Estaba estudiando mi primer año de Psicología cuando leí por primera vez Colonialismo y revolución, el primer texto de Carlos Guzmán Böckler que caía en mis manos. A pesar de que en mi juventud siempre fui un lector ávido, en esa época no acostumbraba a prestarle mucha atención al nombre de los autores, principalmente si lo hacía con el compromiso de entregar mis tareas en la clase de Historia. He de confesar también que el primer estado de ánimo que me causó ese libro fue de pereza, porque era una fotocopia empastada cuya legibilidad dejaba mucho que desear. Lo cierto es que el nombre de este autor, de quien no había oído hablar antes, me sonaba de lo más curioso, pues el «Carlos Guzmán» se me hacía tan ladinamente familiar, tan ladinamente común, mientras que el «Böckler» se me antojaba a un antropólogo exótico a lo Ralph Linton, quien en su momento imaginé como una especie de Indiana Jones viviendo entre los bereberes subsaharianos y esquivando todo tipo de enfermedades tropicales del África negra, todo para escribir, bajo la luz de una vela y perdido en un lugar remoto del mundo, los rasgos distintivos entre australopitecos y pithecantropus.
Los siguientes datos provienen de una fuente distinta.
-- ===== src/MeshManager/Built.antt =====
-- What the loops of graphics/src/MeshManager.cc keep of the part that they build.
use ign_common.Common.{
  ℕ, zero, suc, ◌+◌, ◌*◌, ◌≤◌, ◌<◌, ◌≡◌, ap, inl, inr, Bool-cases, List, [], ◌∷◌, ◌++◌, arith, ◌==◌,
  length, length-append,
}
use mathlib.Core.Path.{subst}
use ign_common.Mesh.SubMesh.{Geometry, SubMesh, add_vertex, add_normal, add_index, add_tex_coord_uv}
use ign_common.Mesh.Normals.{AreFaces}
use ign_common.MeshManager.Strips.{Strip, rounds, word, add_point, add_triangle, advance}

-- An invariant of the rounds of a loop.
pub rounds-keeps :
    {S : Type 0} (P : ℕ → S → Type 0) (f : ℕ → S → S) (n i : ℕ) (s : S)
    → ((k : ℕ) (t : S) → i ≤ k → k < i + n → P k t → P (suc k) (f k t))
    → P i s
    → P (i + n) (rounds f n i s)
unfolding rounds
rounds-keeps P f zero i s k p = let e : i ≡ i + 0 = omega arith in subst (λ m. P m s) e p
rounds-keeps P f (suc n) i s k p =
    let e : suc i + n ≡ i + suc n = omega arith in
    subst (λ m. P m (rounds f n (suc i) (f i s))) e
      (rounds-keeps P f n (suc i) (f i s) (λ j t a b q. k j t (omega arith) (omega arith) q)
        (k i s (omega arith) (omega arith) p))

pub rows : (i n t : ℕ) → i < n → i * t + t ≤ n * t
rows i zero t l = absurd (omega arith)
rows i (suc n) t l = elim (Bool-cases (i == n)) [
  | inl e ↦
      let k : i ≡ n = ground (arith, e) in let m : i * t ≡ n * t = ap (λ j. j * t) k in omega arith
  | inr e ↦ let m = rows i n t (ground (arith, e, l)) in omega arith
]

pub mono : (a b t : ℕ) → a ≤ b → t * a ≤ t * b
mono a b t l = let r = rows a (suc b) t (omega arith) in omega arith

AreFaces-triangle :
    (n a b c : ℕ) (is : List ℕ)
    → AreFaces n is
    → a < n
    → b < n
    → c < n
    → AreFaces n (is ++ a ∷ [] ++ b ∷ [] ++ c ∷ [])
AreFaces-triangle n a b c [] f x y z = (x, y, z, tt)
AreFaces-triangle n a b c (i ∷ []) f x y z = absurd f
AreFaces-triangle n a b c (i ∷ j ∷ []) f x y z = absurd f
AreFaces-triangle n a b c (i ∷ j ∷ k ∷ is) (u, v, w, f) x y z =
    (u, v, w, AreFaces-triangle n a b c is f x y z)

pub word_le : (n : ℕ) → word n ≤ n
word_le n = omega arith

module _ (g : Geometry) where
  -- A part with `n` vertices and normals, whose indices are faces below `b`.
  pub record IsBuilt (n b : ℕ) (s : SubMesh g) : Type 0 where
    pub vertex : length s.vertices ≡ n
    pub normal : length s.normals ≡ n
    pub faces : AreFaces b s.indices

  pub IsBuilt-count : (m n b : ℕ) (s : SubMesh g) → m ≡ n → IsBuilt m b s → IsBuilt n b s
  IsBuilt-count m n b s e = subst (λ k. IsBuilt k b s) e

  pub add_point-IsBuilt :
      (n b : ℕ) (v m : g.Vector) (p q : g.Real) (s : SubMesh g)
      → IsBuilt n b s
      → IsBuilt (suc n) b (add_point g v m p q s)
  unfolding add_point add_vertex add_normal add_tex_coord_uv
  add_point-IsBuilt n b v m p q s h =
      let hv = h.vertex in
      let hn = h.normal in
      record {
        vertex = omega (arith, length-append s.vertices (v ∷ []));
        normal = omega (arith, length-append s.normals (m ∷ []));
        faces = h.faces;
      }

  pub add_triangle-IsBuilt :
      (n b i j k : ℕ) (s : SubMesh g)
      → i < b
      → j < b
      → k < b
      → IsBuilt n b s
      → IsBuilt n b (add_triangle g i j k s)
  unfolding add_triangle add_index
  add_triangle-IsBuilt n b i j k s x y z h =
      let wi = word_le i in
      let wj = word_le j in
      let wk = word_le k in
      record {
        vertex = h.vertex;
        normal = h.normal;
        faces =
            AreFaces-triangle b (word i) (word j) (word k) s.indices h.faces (omega arith)
              (omega arith) (omega arith);
      }

  -- A strip whose next index is not past its vertices.
  pub record IsGrown (n b : ℕ) (st : Strip g) : Type 0 where
    pub built : IsBuilt n b st.part
    pub behind : st.vertice_index ≤ n

  pub advance-IsGrown :
      (n b v : ℕ) (s : SubMesh g) → IsBuilt (suc n) b s → v ≤ n → IsGrown (suc n) b (advance g s v)
  advance-IsGrown n b v s h l =
      let w = word_le (v + 1) in record { built = h; behind = omega arith }

  -- The rings of a grid with `t` vertices each, from the vertex `o` on.
  pub grid-keeps :
      (P : ℕ → Strip g → Type 0) (f : ℕ → ℕ → Strip g → Strip g) (r t o : ℕ) (st : Strip g)
      → ((ring seg : ℕ) (u : Strip g)
          → ring < r
          → seg < t
          → P (o + ring * t + seg) u
          → P (suc (o + ring * t + seg)) (f ring seg u))
      → P o st
      → P (o + r * t) (rounds (λ ring u. rounds (f ring) t 0 u) r 0 st)
  grid-keeps P f r t o st k p =
      let e : o ≡ o + 0 * t = omega arith in
      let c : o + (0 + r) * t ≡ o + r * t = omega arith in
      subst (λ m. P m (rounds (λ ring u. rounds (f ring) t 0 u) r 0 st)) c
        (rounds-keeps (λ ring u. P (o + ring * t) u) (λ ring u. rounds (f ring) t 0 u) r 0 st row
          (subst (λ m. P m st) e p))
    where
      row :
          (ring : ℕ) (u : Strip g)
          → 0 ≤ ring
          → ring < 0 + r
          → P (o + ring * t) u
          → P (o + suc ring * t) (rounds (f ring) t 0 u)
      row ring u a b q =
          let e : o + ring * t ≡ o + ring * t + 0 = omega arith in
          let c : o + ring * t + (0 + t) ≡ o + suc ring * t = omega arith in
          subst (λ m. P m (rounds (f ring) t 0 u)) c
            (rounds-keeps (λ seg v. P (o + ring * t + seg) v) (f ring) t 0 u
              (λ seg v x y z.
                let d : suc (o + ring * t + seg) ≡ o + ring * t + suc seg = omega arith in
                subst (λ m. P m (f ring seg v)) d (k ring seg v (omega arith) (omega arith) z))
              (subst (λ m. P m u) e q))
Como siempre fui muy consciente de mis compromisos académicos en mis alegres épocas de estudiante, comencé a leer el libro de manera concentrada y poco a poco me fui adentrando a la postura del autor, al mismo tiempo que me iba identificando profundamente con la lectura y el análisis que hacía sobre nuestra realidad el tal Böckler, apellido tan difícil de trazar a pesar de mis recientes estudios de alemán en aquel entonces. Y es que, conforme avanzaba en sus páginas, el libro me daba la certeza de que era una fiel radiografía del cáncer social que nos consumía y nos sigue consumiendo. Mientras seguía con interés cada una de sus letras, ataba cabos y cerraba baches que hasta ese momento no había podido resolver.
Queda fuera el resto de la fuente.